Yes you can delete the new character first, it won't change what's already been saved. There is no need to go through your mayor first. 

The only thing about this trick is that you really need a lot of patience and luck. The rate of a camper showing up is not very high..


----------



## Campy

lena said:


> Yes you can delete the new character first, it won't change what's already been saved. There is no need to go through your mayor first.
> 
> The only thing about this trick is that you really need a lot of patience and luck. The rate of a camper showing up is not very high..
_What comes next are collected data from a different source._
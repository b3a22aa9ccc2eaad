-- ===== src/Tests/Sandboxes.antt =====
-- Errors, hooks, cells and instances of crates/containerd-shim-wasm at concrete inputs.
use containerd_wasm.Base.{ℕ, Text, codes, ◌≡◌, refl, none, some, List, [], ◌∷◌, ok, err, true}
use containerd_wasm.Sandbox.Oci
use containerd_wasm.Sandbox.Oci.{parse_env, run_hooks, WasmLayer}
use containerd_wasm.Sandbox.Oci.Prestart.{run_hooks_any_status}
use containerd_wasm.Sandbox.Sync.{Wake, sets, spurious, returns}
use containerd_wasm.Container.Files.{FileSystem}
use containerd_wasm.Container.Context.{WasiContext}
use containerd_wasm.Container.Executor.{
  Runner, Executor, ExecutorError, validate, exec, ctx, is_linux_container, returned, exited,
}
use containerd_wasm.Container.Executor.Choice.{exec-validate}
use containerd_wasm.Container.Engine.{can_handle}
use containerd_wasm.Container.Unix.{
  Youki, Instance, start, kill, delete, WaitResult, signaled, reap,
}
use containerd_wasm.Container.Unix
use containerd_wasm.Sandbox.RootDir.{absent}
use containerd_wasm.Container.Unix.Codes.{reap-wait}
use containerd_wasm.Tests.Fixture.{World, processes, plain_spec, noon}

abbrev hook : Oci.Hook
hook = record { path = codes "/bin/false"; args = none; env = none }

run_hooks_any_status_example : (run_hooks processes (hook ∷ hook ∷ []) none).1 ≡ ok tt
run_hooks_any_status_example =
    run_hooks_any_status processes (hook ∷ hook ∷ []) none (λ c v. (5, refl)) (λ child v. (1, refl))

abbrev wakes : List (Wake ℕ)
wakes = spurious ∷ sets 3 ∷ sets 4 ∷ []

abbrev layer : WasmLayer
layer = record {
  config = record { digest = codes "sha256:a"; media_type = codes "application/wasm" };
  layer = 7 ∷ [];
}

abbrev files : FileSystem
files = record {
  current_dir = some (codes "/");
  path_var = none;
  canonicalize = λ p. some p;
  is_dir = λ p. true;
  is_file = λ p. true;
  mode = λ p. some 0o755;
  read = λ p. ok (0 ∷ codes "asm");
}

abbrev process : Oci.Process
process = record { args = some (codes "/app.wasm#main" ∷ codes "x" ∷ []); env = none }

abbrev web : WasiContext
web = record { spec = record plain_spec { process = some process }; wasm_layers = [] }

abbrev web_path : Text
web_path = codes "/app.wasm"

abbrev runner : Runner
runner = record {
  fs = files;
  parse_wat = λ p. err (codes "not text");
  engine_name = codes "wasmtime";
  run_wasi = λ c. ok 3;
  exec_linux = λ s. ok tt;
}

abbrev executor : Executor
executor = record { inner = none; wasm_layers = layer ∷ [] }

exec-validate_example :
    let c = ctx executor plain_spec in
    let e' = (validate runner plain_spec executor).0 in
    let refused = ExecutorError.cant_handle (codes "wasmtime") in
    (is_linux_container files c ≡ ok tt
      → ((validate runner plain_spec executor).1 ≡ ok tt)
        × (exec runner web.spec e' ≡ (e', ok returned)))
    × ((x : Text)
        → is_linux_container files c ≡ err x
        → can_handle files runner.parse_wat c ≡ ok tt
        → ((validate runner plain_spec executor).1 ≡ ok tt)
          × (exec runner web.spec e' ≡ (e', ok (exited 3))))
    × ((x y : Text)
        → is_linux_container files c ≡ err x
        → can_handle files runner.parse_wat c ≡ err y
        → ((validate runner plain_spec executor).1 ≡ err refused)
          × (exec runner web.spec e' ≡ (e', err refused)))
exec-validate_example = exec-validate runner executor plain_spec web.spec refl

-- A container is the number of its process; its start fails.
abbrev youki : Youki World ℕ
youki = record {
  connect = λ address namespace w. (w, ok tt);
  open_options = λ w path. absent;
  open_file = λ path w. err (codes "no file");
  with_root_path = λ path w. (w, ok tt);
  build = λ config w. (w, ok 42);
  pid = λ c. some c;
  start = λ wc. (wc, err (codes "no start"));
  signal = λ n. some n;
  kill = λ n wc. (wc, ok tt);
  delete = λ wc. (wc, ok tt);
}

abbrev instance_42 : Instance World ℕ
instance_42 = record { zygote = (none, some 42); exit_code = none }

reap-wait_example :
    Unix.wait_timeout
      (some 0)
      (record instance_42 { exit_code = reap (some (signaled 9)) noon none })
      []
    ≡ returns (some (9, noon))
unfolding Unix.status_of
reap-wait_example = reap-wait instance_42 (some (signaled 9)) noon (some 0) []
Thank you! I'm not really using it for the camper trick actually; I just convinced a villager from another town to move in and used this for their house placement. But they luckily put it in a good spot on the first try!


----------



## Robert Plant

So I have to try this BEFORE playing with my mayor?

Duh. *hits constantly his head with a TV remote*


----------



## unravel

Thank you now I can get good.villagers weee but yeah Im yoo stupid that i build reset center thimgy xD


----------



## ForgottenT

Tengu said:


> So I have to try this BEFORE playing with my mayor?
> 
> Duh. *hits constantly his head with a TV remote*



Yes xD
Every day the camper resets, so before playing your other characters you have to do this trick for it to work 

- - - Post Merge - - -



Treasure_Aubrey said:


> Thank you now I can get good.villagers weee but yeah Im yoo stupid that i build reset center thimgy xD



Resetti should not show up 

- - - Post Merge - - -



darkfire25 said:


> I've heard of this and I plan on doing this. But I thought there had to be someone there in the first place? This can be done on any day as long as you start with the new villager?



Yes, it can be done any day


----------



## ForgottenT

Marceline said:


> I just gave this a try now, sadly no one was in my camp! I'll try again tomorrow, thanks for structuring the trick step by step! It's less confusing ^ ^



Well the trick is that you can try unlimited times, just keep making new characters until a camper shows up 
No problem


----------



## VonTreece

Excellent job! I've been using this tactic for awhile now, but I have yet to see a thread as in-depth as this one on the subject!

This is almost sticky-worthy. It's explained very well and I can see people asking this question time and time again.


----------



## Cranky Squirrel

Does anyone know if this can "force" a camper to show up? I've done this trick last weekend. The first time I loaded the game for the day with the new character I created, there was a camper's tent. I checked it out and reset. The next time I loaded the game, I created a new character, there was another tent, I checked it out. The camper was different, but not to my liking, so I reset again. The next three times I reset, there was no camper. Then there was a couple of restarts where there was a camper. 

All told, in about twenty restarts, I had maybe six campers. My point is that the first game load of the day had a camper. If the first game load of the day does not have a camper, will one show up if I reset enough times? Or are there certain possible camping days and if the game isn't on one of those days, there will never be a tent that day no matter how many times you restart?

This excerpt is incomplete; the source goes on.